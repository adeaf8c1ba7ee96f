-- ===== src/Net/Events/Counting.antt =====
-- How many operations asio has pending for a connection.
use hyperion_server.Common.{ℕ, ◌+◌, ◌≤◌, ◌≡◌, true, Option, none, some, List, arith}
use hyperion_server.Common.Exec.{◌>>◌}
use hyperion_server.Common.Exec.Kept.{
  Kept, Kept-pure, Kept-assert, Kept-if, Kept-bind, Kept-gets, Kept-try,
}
use hyperion_server.Common.Exec.Moves.{
  Moves, Moves-Kept, Moves-try, Moves-guarded, Moves-gets, Moves-bind, Moves-lift,
}
use hyperion_server.Media.Prop.{MediaConfig}
use hyperion_server.Media.Save.{Answers}
use hyperion_server.Net.Props.{ErrorCode}
use hyperion_server.Net.Connection.{
  Connection, ConnectionStatus, Local, Handler, awaiting_c_greeting, active, on_conn, async_read,
  async_receive, async_wait, dec_ref_count, receive_greeting, set_status, write_completed,
  read_completed, receive_completed, wait_completed,
}
use hyperion_server.Net.Acceptor.{
  Acceptor, announce, callback_sent_greeting, callback_received_greeting,
  callback_send_greeting_timeout, callback_receive_greeting_timeout,
}
use hyperion_server.Net.Listener.{do_async_receive, begin_async_receive, receive_callback}
use hyperion_server.Net.Events.{
  Event, written, read, received, send_waited, receive_waited, handle, taken, is_pending,
  unless_error, on_connection_accepted,
}
use hyperion_server.Net.Events.Framed.{
  Frame, On, Kept-conn, Kept-begin_out_files, Kept-end_connection, Kept-inc_ref_count,
  Kept-dec_ref_count, Kept-get_streambuf, Kept-prepare, Kept-consume, Kept-set_timer_expires_after,
  Kept-save_received,
}
use hyperion_server.Net.Events.Handlers.{deliver}
use hyperion_server.Net.Events.Valid.{IsValid}

-- At most that many operations on the socket, and waits of each kind.
abbrev pub Few : ℕ → ℕ → ℕ → Connection → Type 0
Few m s r c = (c.writes + c.reads + c.receives ≤ m) × (c.send_waits ≤ s) × (c.receive_waits ≤ r)

module _ (s r : ℕ) where
  few : (m : ℕ) → Frame (Few m s r)
  few m = record {
    out_path = λ c x p. p;
    out_open = λ c x p. p;
    directory = λ c x p. p;
    socket = λ c x p. p;
    buffer = λ c x p. p;
    expiry = λ c x p. p;
    ended = λ c x p. p;
    references = λ c x p. p;
  }

  more : (m : ℕ) (l : Local) → On (Few m s r) l → On (Few (m + 1) s r) l
  more m l h = (omega (arith, h.0), h.1, h.2)

  async_read-Moves :
      (m : ℕ) (answers : Answers) (n : ℕ)
      → Moves (On (Few m s r)) (On (Few (m + 1) s r)) (async_read answers n)
  unfolding async_read on_conn
  async_read-Moves m answers n =
      Moves-bind (more m) (Moves-Kept (λ l h. h) (Kept-inc_ref_count (few m))) (λ u.
        Moves-bind (more m) (Moves-Kept (λ l h. h) (Kept-prepare (few m) answers n))
          (λ u. record { at = λ l h. (omega (arith, h.0), h.1, h.2) }))

  async_receive-Moves :
      (m : ℕ) (answers : Answers) (n : ℕ)
      → Moves (On (Few m s r)) (On (Few (m + 1) s r)) (async_receive answers n)
  unfolding async_receive on_conn
  async_receive-Moves m answers n =
      Moves-bind (more m) (Moves-Kept (λ l h. h) (Kept-inc_ref_count (few m))) (λ u.
        Moves-bind (more m) (Moves-Kept (λ l h. h) (Kept-prepare (few m) answers n))
          (λ u. record { at = λ l h. (omega (arith, h.0), h.1, h.2) }))

  set_status-Kept : (m : ℕ) (status : ConnectionStatus) → Kept (On (Few m s r)) (set_status status)
  unfolding set_status
  set_status-Kept m status =
      Kept-gets _ (λ now. Kept-bind (Kept-assert _) (λ u. Kept-conn _ (λ c p. p)))

  do_async_receive-Moves :
      (m : ℕ) (answers : Answers)
      → Moves (On (Few m s r)) (On (Few (m + 1) s r)) (do_async_receive answers)
  unfolding do_async_receive
  do_async_receive-Moves m answers =
      Moves-bind (more m) (Moves-Kept (λ l h. h) (Kept-get_streambuf (few m))) (λ u.
        Moves-gets _ (λ size.
          Moves-bind (more m) (Moves-Kept (λ l h. h) (Kept-assert _))
            (λ u. async_receive-Moves m answers _)))

  announce-Moves :
      (m : ℕ) (answers : Answers) (config : MediaConfig)
      → Moves
          (On (Few m s r))
          (On (Few (m + 1) s r))
          (announce answers (on_connection_accepted config answers))
  unfolding announce on_connection_accepted begin_async_receive
  announce-Moves m answers config =
      Moves-try
        (Moves-bind (more m) (Moves-Kept (λ l h. h) (Kept-get_streambuf (few m))) (λ u.
          Moves-gets _ (λ size. Moves-bind (more m) (Moves-Kept (λ l h. h) (Kept-assert _)) (λ u.
            Moves-bind (more m) (Moves-Kept (λ l h. h) (Kept-begin_out_files (few m) answers _))
              (λ u. do_async_receive-Moves m answers)))))
        (λ e. Kept-end_connection (few (m + 1)) answers)

  received-Moves :
      (m : ℕ) (acceptor : Acceptor) (answers : Answers) (bytes : List ℕ)
      → Moves (On (Few m s r)) (On (Few (m + 1) s r)) (
          callback_received_greeting acceptor answers
            (on_connection_accepted acceptor.media_config answers)
            bytes)
  unfolding callback_received_greeting
  received-Moves m acceptor answers bytes =
      Moves-try
        (Moves-guarded (Kept-consume (few (m + 1)) _) (
          Moves-bind (more m) (Moves-Kept (λ l h. h) (Kept-get_streambuf (few m))) (λ u.
            Moves-lift (more m) _ (λ prop.
              Moves-bind (more m) (Moves-Kept (λ l h. h) (Kept-conn _ (λ c p. p))) (λ u.
                Moves-bind (more m) (Moves-Kept (λ l h. h) (set_status-Kept m active))
                  (λ u. announce-Moves m answers acceptor.media_config))))))
        (λ e. Kept-end_connection (few (m + 1)) answers)

  receive-Moves :
      (m : ℕ) (answers : Answers) (error : Option ErrorCode) (bytes : List ℕ)
      → Moves (On (Few m s r)) (On (Few (m + 1) s r)) (receive_callback answers error bytes)
  unfolding receive_callback
  receive-Moves m answers (some error) bytes =
      Moves-guarded (Kept-consume (few (m + 1)) _)
        (Moves-Kept (more m) (Kept-end_connection (few m) answers))
  receive-Moves m answers none bytes = Moves-guarded (Kept-consume (few (m + 1)) _) (
      Moves-bind (more m) (Moves-Kept (λ l h. h) (Kept-get_streambuf (few m))) (λ u.
        Moves-bind (more m)
          (Moves-Kept (λ l h. h)
            (Kept-try (Kept-save_received (few m) answers bytes) (λ e. Kept-pure _)))
          (λ u. do_async_receive-Moves m answers)))

  wait-Moves : (m : ℕ) → Moves (On (Few m s r)) (On (Few m s (r + 1))) (async_wait receive_greeting)
  unfolding async_wait on_conn
  wait-Moves m =
      Moves-bind (λ l h. (h.0, h.1, omega (arith, h.2)))
        (Moves-Kept (λ l h. h) (Kept-inc_ref_count (few m)))
        (λ u. record { at = λ l h. (h.0, h.1, omega (arith, h.2)) })

module _ (m s r : ℕ) where
  later : (l : Local) → On (Few (m + 1) s r) l → On (Few (m + 1) s (r + 1)) l
  later l h = (h.0, h.1, omega (arith, h.2))

  sent-Moves :
      (acceptor : Acceptor) (answers : Answers)
      → Moves
          (On (Few m s r))
          (On (Few (m + 1) s (r + 1)))
          (callback_sent_greeting acceptor answers)
  unfolding callback_sent_greeting
  sent-Moves acceptor answers =
      Moves-try
        (Moves-bind later (async_read-Moves s r m answers _) (λ u.
          Moves-bind later
            (Moves-Kept (λ l h. h) (Kept-set_timer_expires_after (few s r (m + 1)) answers _))
            (λ u.
              Moves-bind (λ l h. h) (wait-Moves s r (m + 1))
                (λ u.
                  Moves-Kept (λ l h. h) (set_status-Kept s (r + 1) (m + 1) awaiting_c_greeting)))))
        (λ e. Kept-end_connection (few s (r + 1) (m + 1)) answers)

-- What is pending once asio has taken the operation of the event.
abbrev Room : Event → Connection → Type 0
Room (written error) = Few 0 1 0
Room (read error bytes) = Few 0 1 1
Room (received error bytes) = Few 0 1 1
Room (send_waited error) = Few 1 1 1
Room (receive_waited error) = Few 1 1 1

taken-Room :
    (e : Event) (c : Connection)
    → IsValid c
    → is_pending e c ≡ true
    → Few 1 1 1 c
    → Room e (taken e c)
unfolding taken
taken-Room (written error) c v p h = ground (arith, v.writing, v.waiting)
taken-Room (read error bytes) c v p h = ground arith
taken-Room (received error bytes) c v p h = ground arith
taken-Room (send_waited error) c v p h = ground arith
taken-Room (receive_waited error) c v p h = ground arith

unless-Moves :
    {P Q : Local → Type 0} (error : Option ErrorCode) {m : Handler}
    → ((l : Local) → P l → Q l)
    → Moves P Q m
    → Moves P Q (unless_error error m)
unless-Moves none up h = h
unless-Moves (some error) up h = Moves-Kept up (Kept-pure _)

module _ (acceptor : Acceptor) (answers : Answers) where
  completed-Moves :
      {P : Local → Type 0} {m : Handler}
      → Moves P (On (Few 1 1 1)) m
      → Moves P (On (Few 1 1 1)) (m >> dec_ref_count)
  completed-Moves h =
      Moves-bind (λ l h. h) h (λ u. Moves-Kept (λ l h. h) (Kept-dec_ref_count (few 1 1 1)))

  handle-Moves : (e : Event) → Moves (On (Room e)) (On (Few 1 1 1)) (handle acceptor answers e)
  unfolding handle write_completed read_completed receive_completed wait_completed
      callback_send_greeting_timeout callback_receive_greeting_timeout
  handle-Moves (written (some error)) =
      Moves-Kept (λ l h. (omega (arith, h.0), h.1, omega (arith, h.2))) (Kept-pure _)
  handle-Moves (written none) = completed-Moves (sent-Moves 0 1 0 acceptor answers)
  handle-Moves (read error bytes) =
      completed-Moves
        (unless-Moves error (more 1 1 0) (received-Moves 1 1 0 acceptor answers bytes))
  handle-Moves (received error bytes) =
      Moves-bind (more 1 1 0) (Moves-Kept (λ l h. h) (Kept-conn _ (λ c p. p)))
        (λ u. completed-Moves (receive-Moves 1 1 0 answers error bytes))
  handle-Moves (send_waited error) = completed-Moves (
      unless-Moves error (λ l h. h)
        (Moves-Kept (λ l h. h)
          (Kept-gets _
            (λ status. Kept-if _ (Kept-pure _) (Kept-end_connection (few 1 1 1) answers)))))
  handle-Moves (receive_waited error) = completed-Moves (
      unless-Moves error (λ l h. h)
        (Moves-Kept (λ l h. h)
          (Kept-gets _ (λ status.
            Kept-bind (Kept-assert _)
              (λ u. Kept-if _ (Kept-pure _) (Kept-end_connection (few 1 1 1) answers))))))

-- On a valid connection, for an operation that is pending: if asio has at most one operation on the
-- socket and one wait of each kind pending for the connection, then so it has after the handler.
pub deliver-Few :
    (acceptor : Acceptor) (answers : Answers) (e : Event) (l : Local)
    → IsValid l.conn
    → is_pending e l.conn ≡ true
    → Few 1 1 1 l.conn
    → Few 1 1 1 (deliver acceptor answers e l).1.conn
deliver-Few acceptor answers e l v p h =
    (handle-Moves acceptor answers e).at (record l { conn = taken e l.conn })
      (taken-Room e l.conn v p h)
+ + + + + + +
The problem: Copy the lines from the entries above in which the word "each" appears.

The answer:
-- At most that many operations on the socket, and waits of each kind.
-- socket and one wait of each kind pending for the connection, then so it has after the handler.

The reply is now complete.